Today, I was launching a CloudFormation template which contained an EBS volume which I wanted to be encrypted with an AWS Key Management Service (KMS) Customer Managed Key (CMK).
The resource in the template looked like this:
"EncryptedVolume": {
"Type": "AWS::EC2::Volume",
"DeletionPolicy": "Snapshot",
"Properties": {
"AvailabilityZone": "eu-west-1a",
"Encrypted": true,
"KmsKeyId": "arn:aws:kms:eu-west-1:123456780123:key/blah-blah",
"Size": 64,
"VolumeType": "gp2"
}
}
I created the stack containing this resource and waited for the resource to create.

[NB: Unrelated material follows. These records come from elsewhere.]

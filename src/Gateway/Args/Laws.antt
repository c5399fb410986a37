-- ===== src/Gateway/Args/Laws.antt =====
-- When the gateway accepts a connection (n_ws_server.go, `ParseWSArgs`).
use open_im_server.Base.{ℕ, ◌≡◌, false, Bytes, err_conn_args, ok, >>=-eq-ok, arith}
use open_im_server.Base.Int.{ℤ, leb_ℤ}
use open_im_server.Auth.Token.{Services, Claims, ws_verify_token, parse_token}
use open_im_server.Auth.Token.Laws.{parse_token_iff, accept_status-ok}
use open_im_server.Gateway.Args.{
  WsRequest, Text, WsArgs, or_fail, check_args, check_token, args_of, parse_ws_args,
}

ws_verify_token_inv :
    (sv : Services) (token user_id secret : Bytes) (platform_id : ℕ)
    → ws_verify_token sv token user_id secret platform_id ≡ ok tt
    → (claims : Claims) × (sv.get_claim token secret ≡ ok claims)
      × (claims.user_id ≡ user_id)
      × (claims.platform_id ≡ platform_id)
unfolding ws_verify_token
ws_verify_token_inv sv token user_id secret platform_id h =
    let (claims, e, rest) = >>=-eq-ok (sv.get_claim token secret) _ h in
    (claims, e, ground arith, ground arith)

-- The gateway's check of a token is the auth service's, and that the claims are the connection's.
check_token_inv :
    (sv : Services) (secret : Bytes) (r : WsRequest) (platform_id : ℕ)
    → check_token sv secret r platform_id ≡ ok tt
    → (claims : Claims) × (parse_token sv secret r.token ≡ ok claims)
      × (claims.user_id ≡ r.user_id)
      × (claims.platform_id ≡ platform_id)
unfolding check_token
check_token_inv sv secret r p h =
    let (u, verified, rest) = >>=-eq-ok (ws_verify_token sv r.token r.user_id secret p) _ h in
    let (m, read, accepted) = >>=-eq-ok (sv.get_tokens r.user_id p) _ rest in
    let (claims, e, user, platform) = ws_verify_token_inv sv r.token r.user_id secret p verified in
    (
      claims,
      (parse_token_iff sv secret r.token claims).1
          (e, (m, rw (user, platform) read, (accept_status-ok sv _).0 accepted)),
      user,
      platform,
    )

check_args_inv :
    (conns max_conns : ℤ) (r : WsRequest)
    → check_args conns max_conns r ≡ ok tt
    → leb_ℤ max_conns conns ≡ false
unfolding check_args
check_args_inv conns max_conns r h = ground arith

-- A connection that the gateway accepts is within the limit, and has a token that the auth service
-- accepts too, whose claims are the user and the platform that the connection names.
pub parse_ws_args_ok :
    (sv : Services) (text : Text) (secret : Bytes) (conns max_conns : ℤ) (r : WsRequest)
    {args : WsArgs}
    → parse_ws_args sv text secret conns max_conns r ≡ ok args
    → (claims : Claims) × (parse_token sv secret args.token ≡ ok claims)
      × (claims.user_id ≡ args.user_id)
      × (claims.platform_id ≡ args.platform_id)
      × (args.user_id ≡ r.user_id)
      × (leb_ℤ max_conns conns ≡ false)
unfolding parse_ws_args
parse_ws_args_ok sv text secret conns max_conns r {args} h =
    let (u, within, rest) = >>=-eq-ok (check_args conns max_conns r) _ h in
    let (p, read, rest') = >>=-eq-ok (or_fail (text.atoi r.platform_id) err_conn_args) _ rest in
    let (u', checked, same) = >>=-eq-ok (check_token sv secret r p) _ rest' in
    finish p (check_token_inv sv secret r p checked) (check_args_inv conns max_conns r within) same
  where
    finish :
        (p : ℕ)
        → (claims : Claims) × (parse_token sv secret r.token ≡ ok claims)
          × (claims.user_id ≡ r.user_id)
          × (claims.platform_id ≡ p)
        → leb_ℤ max_conns conns ≡ false
        → ok (args_of text r p) ≡ ok args
        → (claims : Claims) × (parse_token sv secret args.token ≡ ok claims)
          × (claims.user_id ≡ args.user_id)
          × (claims.platform_id ≡ args.platform_id)
          × (args.user_id ≡ r.user_id)
          × (leb_ℤ max_conns conns ≡ false)
    finish p (claims, parsed, user, platform) within same =
        (claims, ground arith, ground arith, ground arith, ground arith, within)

It seemed to take a while. And when CloudFormation resource creations take a long time, you can bet your bottom dollar that it's not a good thing. Half-an-hour later, my stack entered the ROLLBACK_COMPLETE state. My only hints:
- EncryptedVolume: Volume vol-12345678abcd1234 is still creating
- CREATE_FAILED: Resource creation cancelled
- The following resource(s) failed to create: EncryptedVolume. Rollback requested by user.
What happened? It wasn't clear. Checking CloudTrail showed that the ec2:CreateVolume call definitely fired from CloudFormation. I even had a volume ID returned. But checking the EC2 -> Volumes console for that ID showed up nothing. It's as if it didn't exist.
I've experienced in the past that AWS services sometimes act really weird if they're asked to use a KMS key that they don't have permission to. For example, if you ask an AutoScaling Group to launch volumes with boot volumes encrypted by an AWS KMS CMK, you're gonna have a bad time unless you configure your key policy properly. But this at least is relatively well documented through troubleshooting documentation that you can find when searching for the instance launch failure.
This time around, I didn't even have an error to work with. But while searching for something completely unrelated (volume deletion policies, actually), I happily and quite accidentally found some relevant looking information in the AWS Cloud Development Kit (CDK) EC2 Volume docs.
Turns out that for EC2 to create an EBS Volume encrypted with a CMK, the principal creating the volume has to have permission to call the following policy actions (note the conditions required to lock these permissions down using the principle of least privilege):
{
...
"Action": [
"kms:DescribeKey",
"kms:GenerateDataKeyWithoutPlainText",
],
"Condition": {
"StringEquals": {
"kms:ViaService": "ec2.<aws-region>.amazonaws.com",
"kms:CallerAccount": "<aws-account-id>"
}
}
...
}
I definitely had the IAM permissions in place to do this, as I was running as a user with the AdministratorAccess policy attached. However, I remembered that in order to allow IAM to work on a KMS CMK, the CMK's key policy had to be configured to grant those actions to the root principal of the account that the key was created in.
However, I'd created my KMS CMK via the AWS Cloud Development Kit (CDK) which should contain a sensible, out-of-the-box key policy to allow the key to be used by resources via IAM.
I checked the key policy of my KMS CMK that I had created. It turns out CDK had created the following key policy:
{
"Effect": "Allow",
"Principal": {
"AWS": "arn:aws:iam::123456789012:root"
},
"Action": [
"kms:Create*",
"kms:Describe*",
"kms:Enable*",
"kms:List*",
"kms:Put*",
"kms:Update*",
"kms:Revoke*",
"kms:Disable*",
"kms:Get*",
"kms:Delete*",
"kms:ScheduleKeyDeletion",
"kms:CancelKeyDeletion",
"kms:GenerateDataKey",
"kms:TagResource",
"kms:UntagResource"
],
"Resource": "*"
}
Sure enough, we were missing the GenerateDataKeyWithoutPlainText policy action in the key policy. I followed the documentation I had found to add the relevant policy action (with the correct conditions, as written earlier in this post). After doing that, recreating the stack yielded me with a freshly-minted, encrypted volume. Problem solved.
I'm hoping that in the future, AWS can implement faster failing (without being stuck in CREATE_IN_PROGRESS for half-an-hour) and better error reporting (even a searchable string!) for this type of error.